No seu livro mais recente livro, A História do Mundo – Do Big Bang até aos dias de hoje, o historiador Peter Frankopan argumenta que a vida no nosso planeta, e a história da humanidade, terão sido fortemente condicionadas pelos impactos das múltiplas crises climáticas existentes ao longo da história da Terra. É uma leitura que nos ajuda a compreender o passado e pode ensinar a melhor prever o futuro. Este lugar-comum em diversas áreas do conhecimento, é particularmente verdadeiro nas engenharias relacionadas com as ciências da Terra, e com especial significado na exploração e gestão de recursos naturais. Neste âmbito, o histórico existente de uma atividade de produção, por exemplo de um determinado minério, é, em conjunto com as observações diretas do dia-a-dia e técnicas de computação avançadas, utilizado para prever como será a produção a curto, médio e longo prazo. É deste modo que se consegue planear uma determinada operação e garantir a sua sustentabilidade em todas as dimensões envolvidas: ambientais, ecológicas, sociais.
Sabemos, no entanto, que o histórico da indústria dos recursos minerais e energéticos, e em particular da exploração e produção de reservatórios de hidrocarbonetos existentes na subsuperfície, não é particularmente feliz. Este passado não só compreende uma série de práticas negativas para a sustentabilidade do planeta como também inclui a ocultação de informação relevante sobre o impacto das ações desta indústria nas alterações do clima. Porém, não é menos verdade que este mesmo histórico, e em particular o do passado recente, pode fornecer ferramentas e conhecimento crucial para combater a urgência que atravessamos.
Foi o desenvolvimento científico e tecnológico proveniente da engenharia de recursos minerais e energéticos que nos permite hoje prever como varia a geologia na subsuperfície através da combinação de medições indiretas do subsolo, essencialmente geofísica, e técnicas avançadas de ciência de dados espaciais e, desta forma, construir modelos tridimensionais altamente detalhados da realidade que existe debaixo dos nossos pés. E qual a importância destes modelos? São eles que permitem o planeamento cuidado do tipo, número e localização de novas ações no sistema Terra tendo como objetivo primordial a minimização dos impactos ambientais destas ações. Estas ferramentas computacionais são altamente relevantes para áreas tão diversas como a produção de minerais críticos, a instalação de geradores eólicos no offshore ou a agricultura de precisão. Outro exemplo, a tecnologia associada à perfuração de furos com quilómetros de profundidade e que seguem uma determinada direção no subsolo, tecnologia esta desenvolvida na indústria da energia, foi-se aperfeiçoando ao longo de décadas. Os avanços e maturidade desta tecnologia permitem que o seu custo seja hoje competitivo e utilizada para gerar novas formas de aproveitamento da energia natural da Terra, a geotermia, e o desenvolvimento de novos conceitos como a energia geotérmica estimulada e o aproveitamento de calor a pouca profundidade. A geotermia é nos dias que correm uma possibilidade real de geração de energia à pequena escala e pode contribuir positivamente para a complexa transição energética.

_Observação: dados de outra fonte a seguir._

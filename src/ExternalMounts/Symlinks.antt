-- ===== src/ExternalMounts/Symlinks.antt =====
-- `list_external_mounts` and `_process_symlink` of list_external_mounts.py.
use public_endorsement_servi.Base.{
  ℕ, zero, suc, Bool, true, false, not, ◌&&◌, Option, none, some, List, [], ◌∷◌, ◌++◌,
  if◌then◌else◌, Text, chars, text_eq, starts_with,
}
use public_endorsement_servi.Base.Paths.{FilePath, path_eq, has_path}
use public_endorsement_servi.ExternalMounts.FileSystem.{
  FileSystem, Entries, end, file, dir, dir_link, parent, join_target, normpath, common_path,
}

-- The set `external_paths` and the list `worklist`, which the functions change in place.
pub record Found : Type 0 where
  pub external_paths : List FilePath
  pub worklist : List FilePath

-- The test that a target lies outside of the scanned directory.
unfoldable pub is_outside : FilePath → FilePath → Bool
is_outside scan_dir abs_target =
    not (path_eq (normpath (common_path scan_dir (normpath abs_target))) scan_dir)

-- The names of one directory with their paths: `dirs` without ".venv", then `files`.
level_dirs : FilePath → Entries → List (FilePath × Text)
level_dirs root end = []
level_dirs root (file name es) = level_dirs root es
level_dirs root (dir name sub es) =
    let rest = level_dirs root es in
    if text_eq name (chars ".venv") then rest else (root ++ (name ∷ []), name) ∷ rest
level_dirs root (dir_link name es) =
    let rest = level_dirs root es in
    if text_eq name (chars ".venv") then rest else (root ++ (name ∷ []), name) ∷ rest

level_files : FilePath → Entries → List (FilePath × Text)
level_files root end = []
level_files root (file name es) = (root ++ (name ∷ []), name) ∷ level_files root es
level_files root (dir name sub es) = level_files root es
level_files root (dir_link name es) = level_files root es

-- The levels below, for the directories that the walk enters.
walk_below : FilePath → Entries → List (FilePath × Text)
walk_below root end = []
walk_below root (file name es) = walk_below root es
walk_below root (dir name sub es) =
    let inner = root ++ (name ∷ []) in
    let entered = level_dirs inner sub ++ (level_files inner sub ++ walk_below inner sub) in
    (if text_eq name (chars ".venv") then [] else entered) ++ walk_below root es
walk_below root (dir_link name es) = walk_below root es

-- The entries that the loop over `os.walk` visits, in order.
unfoldable pub walk : FilePath → Entries → List (FilePath × Text)
unfolding level_dirs level_files walk_below
walk root es = level_dirs root es ++ (level_files root es ++ walk_below root es)

module _ (fs : FileSystem) (scan_dir : FilePath) where
  open fs use {is_symlink, readlink, exists, is_dir, content}

  -- What one round of the `while` loop does with an existing target.
  unfoldable pub note_target : FilePath → Found → Found
  unfolding is_outside
  note_target abs_target s =
      let norm_target = normpath abs_target in
      if is_outside scan_dir abs_target && not (has_path s.external_paths norm_target)
      then record {
        external_paths = s.external_paths ++ (norm_target ∷ []);
        worklist = if is_dir norm_target then s.worklist ++ (norm_target ∷ []) else s.worklist;
      }
      else s

  -- The `while` loop, with fuel for its rounds; `none` means that the fuel ran out.
  unfoldable pub follow : ℕ → List FilePath → FilePath → Found → Option Found
  follow zero visited current_path s = none
  follow (suc fuel) visited current_path s =
      elim (is_symlink current_path && not (has_path visited current_path)) [
        | false ↦ some s
        | true ↦ elim (readlink current_path) [
          | none ↦ some s
          | some target ↦
              let abs_target = join_target (parent current_path) target in
              elim (exists abs_target) [
                | false ↦ some s
                | true ↦ follow fuel (current_path ∷ visited) abs_target (note_target abs_target s)
              ]
        ]
      ]

  unfoldable pub process_symlink : ℕ → FilePath → Found → Option Found
  unfolding follow note_target
  process_symlink fuel path s = follow fuel [] path s

  -- The loop over the entries of one walk.
  unfoldable pub process_entries : ℕ → List (FilePath × Text) → Found → Option Found
  unfolding process_symlink
  process_entries fuel [] s = some s
  process_entries fuel ((path, name) ∷ es) s =
      elim (is_symlink path && not (starts_with name (chars "bazel-"))) [
        | false ↦ process_entries fuel es s
        | true ↦ elim (process_symlink fuel path s) [
          | none ↦ none
          | some s' ↦ process_entries fuel es s'
        ]
      ]

  -- The `while worklist` loop, with the set `scanned`. One fuel is for its rounds, the other for
  -- each chain of symlinks.
  unfoldable pub scan_loop : ℕ → ℕ → List FilePath → Found → Option (List FilePath × Found)
  scan_loop fuel zero scanned s = none
  scan_loop fuel (suc rounds) scanned s = elim s.worklist [
    | [] ↦ some (scanned, s)
    | current_dir ∷ rest ↦
        let s' : Found = record s { worklist = rest } in
        elim (has_path scanned current_dir) [
          | true ↦ scan_loop fuel rounds scanned s'
          | false ↦ elim (process_entries fuel (walk current_dir (content current_dir)) s') [
            | none ↦ none
            | some s'' ↦ scan_loop fuel rounds (current_dir ∷ scanned) s''
          ]
        ]
  ]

As alterações do clima terão moldado a história da humanidade e os avanços tecnológicos disruptivos necessários para ultrapassar os diferentes desafios que nos têm sido impostos. Os alunos que decidam hoje ingressar numa carreira em engenharia de recursos energéticos, e que sejam capazes de olhar o passado imaginando um futuro tecnológico que ainda não existe, terão um papel fundamental no combate à crise climática.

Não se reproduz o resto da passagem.